Gorgoli is an ancient settlement located approximately 5 km south of Mustafapaşa; it is commonly called “Golgoli”. The settlement’s name must have been derived from the Greek word “gorga” that meant “quickly flowing water”. The “Gorgoli Ruins” are located at the foothills of Gorgoli Valley. At the top of Gorgoli hill, also known as the Virgin Mary (Panagia Mountain), was the Virgin Mary church (19th century), of which only ruins have survived to the present day. On the hill, an old settlement, various places are carved into rocks of different sizes. It is known that Greeks, especially young people and newly married couples, stay on the hill for two weeks in summer. It is rumored that those who will stay there take musicians with them, and music and dance activities are held during this fifteen-day holiday (Stamatopoulos, 1985).
In the settlement of Gorgoli, there is a holy spring, a group of cemeteries, some of which are Roman tombs reused in the Middle Ages, rooms, a dovecote, and churches built during the Byzantine and Ottoman periods. Almost all the conical rocks here were carved to be used as houses or churches. Probably there are not as many Greek graffiti inscriptions in the area as at Gorgoli. The Greeks left a trace of the past by carving their names, notes, and dates on many rocks here.

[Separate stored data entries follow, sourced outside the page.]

-- ===== src/Connection/Reassembly.antt =====
-- `recv_chunked` puts together what the send queue took apart.
use native.Mathlib.Nat.{mod-eq_of_lt}
use chromatin_protocol.Prelude.{
  ℕ, zero, suc, ◌+◌, ◌%◌, ◌^◌, ◌≤◌, ◌<◌, ◌≡◌, refl, sym, ap, ◌∙◌, arith, List, [], ◌∷◌, ◌++◌,
  append_assoc, append-nil, false, some, le→ltb, length, length-append, drop, drop-append,
  drop-drop, All,
}
use chromatin_protocol.Endian.{store_u32_be, store_u64_be, read_u64_be}
use chromatin_protocol.Endian.Words.{
  length-store_u32_be, length-store_u64_be, read_u32_be-store_u32_be, read_u64_be-store_u64_be,
}
use chromatin_protocol.External.Crypto.{Crypto}
use chromatin_protocol.Frame.{make_nonce, write_frame}
use chromatin_protocol.Frame.Stream.{send_all}
use chromatin_protocol.Connection.{Connection, Network, Io, nonce_limit}
use chromatin_protocol.Connection.Queue.{streaming_threshold, chunked_header}
use chromatin_protocol.Connection.Loop.{
  max_chunked_wire_payload, add_chunk, recv_chunks, recv_chunked,
}
use chromatin_protocol.Connection.Frames.{recv_encrypted_lem}
use chromatin_protocol.Connection.Texts.{concat, IsPiece}

pub length-chunked_header :
    (kind request_id size : ℕ) → length (chunked_header kind request_id size []) ≡ 14
unfolding chunked_header
length-chunked_header kind request_id size = omega (
  arith,
  length-append (store_u32_be request_id) (store_u64_be size ++ []),
  length-append (store_u64_be size) [],
  length-store_u32_be request_id,
  length-store_u64_be size,
)

module _ ⦃C : Crypto⦄ where
  pub count-le-bytes :
      (key : List ℕ) (counter : ℕ) (ts : List (List ℕ))
      → length ts ≤ length (send_all key counter ts)
  unfolding send_all write_frame
  count-le-bytes key counter [] = omega arith
  count-le-bytes key counter (t ∷ ts) =
      let header = store_u32_be (length (C.encrypt t [] (make_nonce counter) key) % 2 ^ 32) in
      omega (
        arith,
        length-append (write_frame t key counter) (send_all key (counter + 1) ts),
        length-append header (C.encrypt t [] (make_nonce counter) key),
        length-store_u32_be (length (C.encrypt t [] (make_nonce counter) key) % 2 ^ 32),
        count-le-bytes key (counter + 1) ts,
      )

-- After `n` frames, with `rest` still to be read.
abbrev pub heard : ⦃N : Network⦄ → ℕ → List ℕ → Connection → Connection
heard ⦃N⦄ n rest c = record c {
  incoming = rest;
  recv_counter = c.recv_counter + n;
  last_recv_time = N.now;
}

module _ ⦃C : Crypto⦄ ⦃N : Network⦄ where
  heard-heard :
      (n m : ℕ) (later rest : List ℕ) (c : Connection)
      → m ≡ suc n
      → heard n rest (heard 1 later c) ≡ heard m rest c
  heard-heard n m later rest c e = λ i. record c {
    incoming = rest;
    recv_counter = let p : c.recv_counter + 1 + n ≡ c.recv_counter + m = omega arith in p i;
    last_recv_time = N.now;
  }

  add_chunk_lem :
      (total : ℕ) (payload t : List ℕ) (later : List ℕ → Io (List ℕ)) (c : Connection)
      → 0 < length t
      → length payload + length t ≤ total + 64
      → add_chunk total payload later t c ≡ later (payload ++ t) c
  unfolding add_chunk
  add_chunk_lem total payload [] later c pos h = absurd (omega arith)
  add_chunk_lem total payload (x ∷ t) later c pos h =
      rw
        (le→ltb (total + 64) (length (payload ++ (x ∷ t)))
          (omega (arith, length-append payload (x ∷ t))))
        refl

  -- The pieces and the sentinel, at the front of what comes in.
  pub recv_chunks_lem :
      (fuel total : ℕ) (payload : List ℕ) (ts : List (List ℕ)) (rest : List ℕ) (c : Connection)
      → length ts < fuel
      → c.closed ≡ false
      → c.recv_counter + length ts < nonce_limit
      → All (IsPiece streaming_threshold) ts
      → length payload + length (concat ts) ≤ total + 64
      → recv_chunks fuel total payload
          (record c { incoming = send_all c.recv_key c.recv_counter (ts ++ ([] ∷ [])) ++ rest })
        ≡ (heard (length ts + 1) rest c, some (payload ++ concat ts))
  unfolding recv_chunks send_all
  recv_chunks_lem zero total payload ts rest c h is_open room pieces fits = absurd (omega arith)
  recv_chunks_lem (suc fuel) total payload [] rest c h is_open room pieces fits =
      rw
        (
          append_assoc (write_frame [] c.recv_key c.recv_counter) [] rest,
          recv_encrypted_lem [] rest c is_open (omega arith) (omega arith),
          append-nil payload,
        )
        refl
  recv_chunks_lem (suc fuel) total payload (t ∷ ts) rest c h is_open room (piece, pieces) fits =
      let front = write_frame t c.recv_key c.recv_counter in
      let tail : List ℕ = send_all c.recv_key (c.recv_counter + 1) (ts ++ ([] ∷ [])) ++ rest in
      rw
        (
          append_assoc front (send_all c.recv_key (c.recv_counter + 1) (ts ++ ([] ∷ []))) rest,
          recv_encrypted_lem t tail c is_open (omega arith) (omega (arith, piece.1)),
          add_chunk_lem total payload t (λ grown. recv_chunks fuel total grown) (heard 1 tail c)
              piece.0 (omega (arith, length-append t (concat ts))),
          recv_chunks_lem fuel total (payload ++ t) ts rest (heard 1 tail c) (omega arith) is_open
              (omega arith) pieces
              (omega (arith, length-append t (concat ts), length-append payload t)),
        )
        (λ i. (
          heard-heard (length ts + 1) (suc (length ts) + 1) tail rest c (omega arith) i,
          some (append_assoc payload t (concat ts) i),
        ))

  -- The whole message: its header is `first_frame`.
  pub recv_chunked_lem :
      (kind request_id : ℕ) (payload : List ℕ) (ts : List (List ℕ)) (rest : List ℕ) (c : Connection)
      → kind < 256
      → request_id < 2 ^ 32
      → length payload ≤ max_chunked_wire_payload
      → concat ts ≡ payload
      → c.closed ≡ false
      → c.recv_counter + length ts < nonce_limit
      → All (IsPiece streaming_threshold) ts
      → recv_chunked
          (chunked_header kind request_id (length payload) [])
          (record c { incoming = send_all c.recv_key c.recv_counter (ts ++ ([] ∷ [])) ++ rest })
        ≡ (
          heard (length ts + 1) rest c,
          some (record { kind = kind; payload = payload; request_id = request_id }),
        )
  unfolding recv_chunked chunked_header
  recv_chunked_lem kind rid payload ts rest c hk hr hp whole is_open room pieces =
      let size : List ℕ = store_u64_be (length payload) ++ [] in
      let header = chunked_header kind rid (length payload) [] in
      let bytes : List ℕ = send_all c.recv_key c.recv_counter (ts ++ ([] ∷ [])) ++ rest in
      let total : read_u64_be (drop 6 header) ≡ length payload =
        ap read_u64_be (drop-append 4 (store_u32_be rid) size (length-store_u32_be rid))
        ∙ read_u64_be-store_u64_be (length payload) [] (omega arith) in
      let none_left : drop 14 header ≡ [] =
        sym (drop-drop 6 8 header)
        ∙ ap (drop 8) (drop-append 4 (store_u32_be rid) size (length-store_u32_be rid))
        ∙ drop-append 8 (store_u64_be (length payload)) [] (length-store_u64_be (length payload)) in
      let enough : length ts < suc (length bytes) = omega (
        arith,
        length-append ts ([] ∷ []),
        length-append (send_all c.recv_key c.recv_counter (ts ++ ([] ∷ []))) rest,
        count-le-bytes c.recv_key c.recv_counter (ts ++ ([] ∷ [])),
      ) in
      let fits : 0 + length (concat ts) ≤ length payload + 64 = omega (arith, ap length whole) in
      rw
        (
          length-chunked_header kind rid (length payload),
          total,
          le→ltb max_chunked_wire_payload (length payload) hp,
          none_left,
          recv_chunks_lem (suc (length bytes)) (length payload) [] ts rest c enough is_open room
              pieces fits,
          read_u32_be-store_u32_be rid size hr,
          mod-eq_of_lt hk,
          whole,
        )
        refl
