-- ===== src/Connection/Wire.antt =====
-- The frames of one message of net/connection.cpp, from its sender to its receiver's callback.
use chromatin_protocol.Prelude.{
  ℕ, suc, ◌+◌, ◌^◌, ◌≤◌, ◌<◌, ◌≡◌, ◌≢◌, refl, ap, arith, List, [], ◌∷◌, ◌++◌, append_assoc, true,
  false, some, Bool-cases, inl, inr, leb, if◌then◌else◌, length, length-append,
}
use chromatin_protocol.Endian.{store_u32_be, store_u64_be}
use chromatin_protocol.External.Crypto.{Crypto}
use chromatin_protocol.External.Transport.{Transport, DecodedMessage}
use chromatin_protocol.Frame.{write_frame}
use chromatin_protocol.Frame.Stream.{send_all}
use chromatin_protocol.Connection.{Connection, PendingMessage, Network, nonce_limit}
use chromatin_protocol.Connection.Queue.{streaming_threshold, goodbye_type, chunked_header}
use chromatin_protocol.Connection.Loop.{
  max_chunked_wire_payload, ping_type, pong_type, deliver, handle, begins_chunked, receive_one,
}
use chromatin_protocol.Connection.Frames.{recv_encrypted_lem}
use chromatin_protocol.Connection.Texts.{chunks, concat-chunks, chunks-IsPiece, texts_of}
use chromatin_protocol.Connection.Reassembly.{length-chunked_header, heard, recv_chunked_lem}

-- A message for the callback: of machine integers, no heartbeat and no goodbye, within the size that
-- a receiver puts together.
pub record IsSendable (m : DecodedMessage) : Type 0 where
  pub kind_fits : m.kind < 256
  pub not_ping : m.kind ≢ ping_type
  pub not_pong : m.kind ≢ pong_type
  pub not_goodbye : m.kind ≢ goodbye_type
  pub id_fits : m.request_id < 2 ^ 32
  pub size_fits : length m.payload ≤ max_chunked_wire_payload

leb-false : (a b : ℕ) → leb a b ≡ false → b < a
leb-false a b h = ground arith

pub leb_gt : (a b : ℕ) → b < a → leb a b ≡ false
leb_gt a b h = ground arith

module _ ⦃T : Transport⦄ where
  abbrev pub pieces : DecodedMessage → List (List ℕ)
  pieces m = chunks streaming_threshold (length m.payload) m.payload

  abbrev pub header : DecodedMessage → List ℕ
  header m = chunked_header m.kind m.request_id (length m.payload) []

  -- The texts of the frames of a message.
  abbrev pub wire : DecodedMessage → List (List ℕ)
  wire m =
      if leb streaming_threshold (length m.payload)
      then header m ∷ (pieces m ++ ([] ∷ []))
      else T.encode m.kind m.payload m.request_id ∷ []

  abbrev pub pending : DecodedMessage → ℕ → PendingMessage
  pending m ticket =
      if leb streaming_threshold (length m.payload)
      then record {
        encoded = header m;
        ticket = ticket;
        is_chunked = true;
        chunked_payload = m.payload;
      }
      else record {
        encoded = T.encode m.kind m.payload m.request_id;
        ticket = ticket;
        is_chunked = false;
        chunked_payload = [];
      }

  pub texts_of-pending : (m : DecodedMessage) (ticket : ℕ) → texts_of (pending m ticket) ≡ wire m
  texts_of-pending m ticket = elim (Bool-cases (leb streaming_threshold (length m.payload))) [
    | inl e ↦ rw e refl
    | inr e ↦ rw e refl
  ]

  pub ticket-pending : (m : DecodedMessage) (t : ℕ) → (pending m t).ticket ≡ t
  ticket-pending m t = elim (Bool-cases (leb streaming_threshold (length m.payload))) [
    | inl e ↦ rw e refl
    | inr e ↦ rw e refl
  ]

  header-begins_chunked : (m : DecodedMessage) → begins_chunked (header m) ≡ true
  unfolding begins_chunked chunked_header store_u32_be store_u64_be
  header-begins_chunked m = refl

  not-begins_chunked :
      (kind : ℕ) (payload : List ℕ) (request_id : ℕ)
      → begins_chunked (T.encode kind payload request_id) ≡ false
  unfolding begins_chunked
  not-begins_chunked kind payload request_id = ground (arith, T.head-encode kind payload request_id)

handle_lem :
    ⦃C : Crypto⦄ ⦃N : Network⦄ ⦃T : Transport⦄ (m : DecodedMessage) (c : Connection)
    → IsSendable m
    → handle m c ≡ deliver m c
unfolding handle
handle_lem m c w = ground (arith, w.not_ping, w.not_pong, w.not_goodbye)

module _ ⦃C : Crypto⦄ ⦃N : Network⦄ ⦃T : Transport⦄ where
  small :
      (m : DecodedMessage) (rest : List ℕ) (c : Connection)
      → IsSendable m
      → c.closed ≡ false
      → c.authenticated ≡ true
      → c.recv_counter < nonce_limit
      → length m.payload < streaming_threshold
      → receive_one (record c {
        incoming =
            write_frame (T.encode m.kind m.payload m.request_id) c.recv_key c.recv_counter ++ rest;
      })
        ≡ (deliver m (heard 1 rest c), some tt)
  unfolding receive_one deliver
  small m rest c w is_open auth room h =
      let text = T.encode m.kind m.payload m.request_id in
      rw
        (
          recv_encrypted_lem text rest c is_open room
              (omega (arith, T.length-encode m.kind m.payload m.request_id)),
          not-begins_chunked m.kind m.payload m.request_id,
          T.decode-encode m.kind m.payload m.request_id w.kind_fits w.id_fits,
          auth,
        )
        (ap (λ (d : Connection). (d, some tt))
          (handle_lem m
            (record c {
              authenticated = true;
              recv_counter = c.recv_counter + 1;
              incoming = rest;
              last_recv_time = N.now;
            })
            w))

  large :
      (n : ℕ) (m : DecodedMessage) (rest : List ℕ) (c : Connection)
      → IsSendable m
      → c.closed ≡ false
      → c.authenticated ≡ true
      → n ≡ length (pieces m) + 2
      → c.recv_counter + n ≤ nonce_limit
      → receive_one (record c {
        incoming =
            write_frame (header m) c.recv_key c.recv_counter
            ++ (send_all c.recv_key (c.recv_counter + 1) (pieces m ++ ([] ∷ [])) ++ rest);
      })
        ≡ (deliver m (heard n rest c), some tt)
  unfolding receive_one deliver
  large n m rest c w is_open auth e room =
      let later : List ℕ =
        send_all c.recv_key (c.recv_counter + 1) (pieces m ++ ([] ∷ [])) ++ rest in
      let count : c.recv_counter + 1 + (length (pieces m) + 1) ≡ c.recv_counter + n = omega arith in
      rw
        (
          recv_encrypted_lem (header m) later c is_open (omega arith)
              (omega (arith, length-chunked_header m.kind m.request_id (length m.payload))),
          header-begins_chunked m,
          recv_chunked_lem m.kind m.request_id m.payload (pieces m) rest (heard 1 later c)
              w.kind_fits w.id_fits w.size_fits
              (concat-chunks streaming_threshold (length m.payload) m.payload (omega arith)
                (omega arith))
              is_open (omega arith)
              (chunks-IsPiece streaming_threshold (length m.payload) m.payload (omega arith)),
          auth,
        )
        (λ i. (
          record c {
            authenticated = true;
            recv_counter = count i;
            incoming = rest;
            last_recv_time = N.now;
            delivered = m ∷ c.delivered;
          },
          some tt,
        ))

  -- One round of the loop takes the frames of a message and hands it over.
  pub receive_one_lem :
      (m : DecodedMessage) (rest : List ℕ) (c : Connection)
      → IsSendable m
      → c.closed ≡ false
      → c.authenticated ≡ true
      → c.recv_counter + length (wire m) ≤ nonce_limit
      → receive_one (record c { incoming = send_all c.recv_key c.recv_counter (wire m) ++ rest })
        ≡ (deliver m (heard (length (wire m)) rest c), some tt)
  unfolding send_all
  receive_one_lem m rest c w is_open auth room =
      elim (Bool-cases (leb streaming_threshold (length m.payload))) [
        | inl e ↦
            rw
              (
                e,
                append_assoc (write_frame (header m) c.recv_key c.recv_counter)
                    (send_all c.recv_key (c.recv_counter + 1) (pieces m ++ ([] ∷ []))) rest,
              )
              (large (suc (length (pieces m ++ ([] ∷ [])))) m rest c w is_open auth
                (omega (arith, length-append (pieces m) ([] ∷ []))) (rw e at room))
        | inr e ↦
            let text = T.encode m.kind m.payload m.request_id in
            rw (e, append_assoc (write_frame text c.recv_key c.recv_counter) [] rest)
              (small m rest c w is_open auth (let r = rw e at room in omega arith)
                (leb-false _ _ e))
      ]
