-- ===== src/Connection/Sending.antt =====
-- What `send_message` puts in the queue of net/connection.cpp, and what draining the queue writes.
use chromatin_protocol.Prelude.{
  ℕ, zero, suc, ◌+◌, ◌≤◌, ◌<◌, ◌≡◌, refl, sym, ap, ◌∙◌, arith, List, [], ◌∷◌, ◌++◌, append_assoc,
  append-nil, Bool, true, false, Bool-cases, inl, inr, leb, length, length-append,
}
use chromatin_protocol.External.Crypto.{Crypto}
use chromatin_protocol.External.Transport.{Transport, DecodedMessage}
use chromatin_protocol.Frame.Stream.{send_all}
use chromatin_protocol.Connection.{Connection, PendingMessage, Network, nonce_limit}
use chromatin_protocol.Connection.Queue.{
  streaming_threshold, max_send_queue, enqueue, send_message, tell, drain_one,
}
use chromatin_protocol.Connection.Frames.{AllWritten, wrote}
use chromatin_protocol.Connection.Texts.{drain_one_lem, send_all-append}
use chromatin_protocol.Connection.Wire.{leb_gt, wire, pending, texts_of-pending, ticket-pending}

-- Every waiter from `ticket` on is told that its message was sent.
abbrev pub told : ℕ → ℕ → List (ℕ × Bool) → List (ℕ × Bool)
told ticket zero results = results
told ticket (suc n) results = told (ticket + 1) n ((ticket, true) ∷ results)

module _ ⦃T : Transport⦄ where
  abbrev pub wires : List DecodedMessage → List (List ℕ)
  wires [] = []
  wires (m ∷ ms) = wire m ++ wires ms

  abbrev pub queued : ℕ → List DecodedMessage → List PendingMessage
  queued ticket [] = []
  queued ticket (m ∷ ms) = pending m ticket ∷ queued (ticket + 1) ms

module _ ⦃C : Crypto⦄ ⦃N : Network⦄ ⦃T : Transport⦄ where
  unfoldable pub send_each : List DecodedMessage → Connection → Connection
  send_each [] c = c
  send_each (m ∷ ms) c = send_each ms (send_message m.kind m.payload m.request_id c).0

  unfoldable pub drain_each : ℕ → Connection → Connection
  drain_each zero c = c
  drain_each (suc n) c = drain_each n (drain_one c)

  send_message_lem :
      (m : DecodedMessage) (c : Connection)
      → c.closed ≡ false
      → c.closing ≡ false
      → length c.send_queue < max_send_queue
      → (send_message m.kind m.payload m.request_id c).0 ≡ record c {
        send_queue = c.send_queue ++ (pending m c.next_ticket ∷ []);
        next_ticket = c.next_ticket + 1;
      }
  unfolding send_message enqueue
  send_message_lem m c is_open going room =
      elim (Bool-cases (leb streaming_threshold (length m.payload))) [
        | inl e ↦ rw (e, is_open, going, leb_gt max_send_queue (length c.send_queue) room) refl
        | inr e ↦ rw (e, is_open, going, leb_gt max_send_queue (length c.send_queue) room) refl
      ]

  pub send_each_lem :
      (ms : List DecodedMessage) (c : Connection)
      → c.closed ≡ false
      → c.closing ≡ false
      → length c.send_queue + length ms ≤ max_send_queue
      → send_each ms c ≡ record c {
        send_queue = c.send_queue ++ queued c.next_ticket ms;
        next_ticket = c.next_ticket + length ms;
      }
  unfolding send_each
  send_each_lem [] c is_open going room = λ i. record c {
    send_queue = sym (append-nil c.send_queue) i;
    next_ticket = let p : c.next_ticket ≡ c.next_ticket + 0 = omega arith in p i;
  }
  send_each_lem (m ∷ ms) c is_open going room =
      let front : List PendingMessage = pending m c.next_ticket ∷ [] in
      let c' : Connection = record c {
        send_queue = c.send_queue ++ front;
        next_ticket = c.next_ticket + 1;
      } in
      rw
        (
          send_message_lem m c is_open going (omega arith),
          send_each_lem ms c' is_open going (omega (arith, length-append c.send_queue front)),
        )
        (λ i. record c {
          send_queue = append_assoc c.send_queue front (queued (c.next_ticket + 1) ms) i;
          next_ticket =
              let p : c.next_ticket + 1 + length ms ≡ c.next_ticket + suc (length ms) =
                omega arith in
              p i;
        })

  pub drain_each_lem :
      (ms : List DecodedMessage) (ticket : ℕ) (c : Connection)
      → AllWritten
      → c.closed ≡ false
      → c.send_counter + length (wires ms) ≤ nonce_limit
      → drain_each (length ms) (record c { send_queue = queued ticket ms }) ≡ record c {
        send_queue = [];
        send_counter = c.send_counter + length (wires ms);
        writes = c.writes + (length (wires ms) + length (wires ms));
        outgoing = c.outgoing ++ send_all c.send_key c.send_counter (wires ms);
        results = told ticket (length ms) c.results;
      }
  unfolding drain_each send_all tell
  drain_each_lem [] ticket c ok is_open room = λ i. record c {
    send_queue = [];
    send_counter = let p : c.send_counter ≡ c.send_counter + 0 = omega arith in p i;
    writes = let p : c.writes ≡ c.writes + (0 + 0) = omega arith in p i;
    outgoing = sym (append-nil c.outgoing) i;
  }
  drain_each_lem (m ∷ ms) ticket c ok is_open room =
      let n = length (wire m) in
      let k = length (wires ms) in
      let total : length (wire m ++ wires ms) ≡ n + k = length-append (wire m) (wires ms) in
      let bytes : List ℕ = send_all c.send_key c.send_counter (wire m) in
      let queue : List PendingMessage = queued (ticket + 1) ms in
      let c' : Connection = record (wrote n bytes c) { results = (ticket, true) ∷ c.results } in
      let start : Connection = record c { send_queue = pending m ticket ∷ queue } in
      let one : drain_one start ≡ record c' { send_queue = queue } =
        drain_one_lem (pending m ticket) queue start ok is_open
          (omega (arith, total, ap length (texts_of-pending m ticket))) refl
        ∙ (λ i.
            record (wrote (length (texts_of-pending m ticket i))
              (send_all c.send_key c.send_counter (texts_of-pending m ticket i)) c) {
                send_queue = queue;
                results = (ticket-pending m ticket i, true) ∷ c.results;
              }) in
      ap (drain_each (length ms)) one
      ∙ drain_each_lem ms (ticket + 1) c' ok is_open (omega (arith, total))
      ∙ (λ i. record c {
        send_queue = [];
        send_counter =
            let p : c.send_counter + n + k ≡ c.send_counter + length (wire m ++ wires ms) =
              omega (arith, total) in
            p i;
        writes =
            let p : c.writes + (n + n) + (k + k)
                ≡ c.writes + (length (wire m ++ wires ms) + length (wire m ++ wires ms)) =
              omega (arith, total) in
            p i;
        outgoing =
            (append_assoc c.outgoing bytes (send_all c.send_key (c.send_counter + n) (wires ms))
                ∙ ap (λ (b : List ℕ). c.outgoing ++ b)
                    (sym (send_all-append c.send_key c.send_counter (wire m) (wires ms))))
              i;
        results = told (ticket + 1) (length ms) ((ticket, true) ∷ c.results);
      })
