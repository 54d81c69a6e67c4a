-- ===== src/Connection/Delivery.antt =====
-- Messages from `send_message` through the send queue and the wire to the peer's callback.
use chromatin_protocol.Prelude.{
  ℕ, zero, suc, ◌+◌, ◌≤◌, ◌≡◌, refl, sym, ap, ◌∙◌, arith, List, [], ◌∷◌, ◌++◌, append_assoc,
  append-nil, true, false, some, length, length-append, All,
}
use chromatin_protocol.External.Crypto.{Crypto}
use chromatin_protocol.External.Transport.{Transport, DecodedMessage}
use chromatin_protocol.Frame.Stream.{send_all}
use chromatin_protocol.Connection.{Connection, Network, Io, ◌>>◌, done, nonce_limit}
use chromatin_protocol.Connection.Queue.{max_send_queue}
use chromatin_protocol.Connection.Loop.{deliver, receive_one}
use chromatin_protocol.Connection.Frames.{AllWritten}
use chromatin_protocol.Connection.Texts.{send_all-append}
use chromatin_protocol.Connection.Reassembly.{heard}
use chromatin_protocol.Connection.Wire.{IsSendable, wire, receive_one_lem}
use chromatin_protocol.Connection.Sending.{
  wires, send_each, drain_each, queued, told, send_each_lem, drain_each_lem,
}

abbrev pub latest_first : List DecodedMessage → List DecodedMessage → List DecodedMessage
latest_first [] later = later
latest_first (m ∷ ms) later = latest_first ms (m ∷ later)

module _ ⦃C : Crypto⦄ ⦃N : Network⦄ ⦃T : Transport⦄ where
  unfoldable pub receive_each : ℕ → Io (Unit {0})
  receive_each zero = done tt
  receive_each (suc n) = receive_one >> receive_each n

  receive_each_lem :
      (ms : List DecodedMessage) (rest : List ℕ) (c : Connection)
      → All IsSendable ms
      → c.closed ≡ false
      → c.authenticated ≡ true
      → c.recv_counter + length (wires ms) ≤ nonce_limit
      → let got =
          receive_each
            (length ms)
            (record c { incoming = send_all c.recv_key c.recv_counter (wires ms) ++ rest }) in
        (got.1 ≡ some tt)
        × (got.0.delivered ≡ latest_first ms c.delivered)
        × (got.0.incoming ≡ rest)
  unfolding receive_each send_all deliver
  receive_each_lem [] rest c w is_open auth room = (refl, refl, refl)
  receive_each_lem (m ∷ ms) rest c (w, ws) is_open auth room =
      let n = length (wire m) in
      let total : length (wire m ++ wires ms) ≡ n + length (wires ms) =
        length-append (wire m) (wires ms) in
      let first : List ℕ = send_all c.recv_key c.recv_counter (wire m) in
      let later : List ℕ = send_all c.recv_key (c.recv_counter + n) (wires ms) ++ rest in
      let shape : send_all c.recv_key c.recv_counter (wire m ++ wires ms) ++ rest ≡ first ++ later =
        ap (λ (b : List ℕ). b ++ rest)
          (send_all-append c.recv_key c.recv_counter (wire m) (wires ms))
        ∙ append_assoc first (send_all c.recv_key (c.recv_counter + n) (wires ms)) rest in
      rw (shape, receive_one_lem m later c w is_open auth (omega (arith, total)))
        (receive_each_lem ms rest (deliver m (heard n later c)) ws is_open auth
          (omega (arith, total)))

  -- Messages of at most the size that a receiver puts together, and of no type that the loop handles
  -- itself, which are sent over a healthy connection with an empty queue, no more of them than the
  -- queue holds, are given to the peer's callback in the order in which they were sent, in one frame or
  -- in chunks, if the peer's key and counter are those of the sender and the counter does not run out;
  -- every sender is told so, and nothing is left to read.
  pub delivered_in_order :
      (ms : List DecodedMessage) (s r : Connection)
      → AllWritten
      → All IsSendable ms
      → s.closed ≡ false
      → s.closing ≡ false
      → s.send_queue ≡ []
      → length ms ≤ max_send_queue
      → s.outgoing ≡ []
      → s.send_counter + length (wires ms) ≤ nonce_limit
      → r.closed ≡ false
      → r.authenticated ≡ true
      → r.recv_key ≡ s.send_key
      → r.recv_counter ≡ s.send_counter
      → let sent = drain_each (length ms) (send_each ms s) in
        let got = receive_each (length ms) (record r { incoming = sent.outgoing }) in
        (sent.results ≡ told s.next_ticket (length ms) s.results)
        × (got.1 ≡ some tt)
        × (got.0.delivered ≡ latest_first ms r.delivered)
        × (got.0.incoming ≡ [])
  delivered_in_order ms s r ok ws s_open going empty few fresh room r_open auth key count =
      let s' : Connection = record s { next_ticket = s.next_ticket + length ms } in
      let sent_lem : drain_each (length ms) (send_each ms s) ≡ record s' {
        send_queue = [];
        send_counter = s.send_counter + length (wires ms);
        writes = s.writes + (length (wires ms) + length (wires ms));
        outgoing = s.outgoing ++ send_all s.send_key s.send_counter (wires ms);
        results = told s.next_ticket (length ms) s.results;
      } =
        ap (drain_each (length ms)) (
          send_each_lem ms s s_open going (omega (arith, ap length empty))
          ∙ (λ i. record s' { send_queue = empty i ++ queued s.next_ticket ms }))
        ∙ drain_each_lem ms s.next_ticket s' ok s_open room in
      let out : (drain_each (length ms) (send_each ms s)).outgoing
          ≡ send_all r.recv_key r.recv_counter (wires ms) ++ [] =
        ap (λ (c : Connection). c.outgoing) sent_lem
        ∙ (λ i. fresh i ++ send_all (sym key i) (sym count i) (wires ms))
        ∙ sym (append-nil (send_all r.recv_key r.recv_counter (wires ms))) in
      let got = receive_each_lem ms [] r ws r_open auth (omega arith) in
      (ap (λ (c : Connection). c.results) sent_lem, rw out got.0, rw out got.1, rw out got.2)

One of the most important churches of the settlement is the Church of St. Ioannis Theologos (Bible Writer John). It is stated that the large-sized and three-nave church carved into the rock contains wall paintings and is in one of the last cones in Gorgoli. At the back of the church is a large room carved into the rock with a rectangular entrance. On the wall opposite the entrance, there is the inscription “The house of God./ St. Rhetor,/ Whether fruitful or barren, Protect the righteous/ June 1447”. There are other ruined country churches near the church. One of the mentioned churches is the Three Bishops Church (Balta, 2005).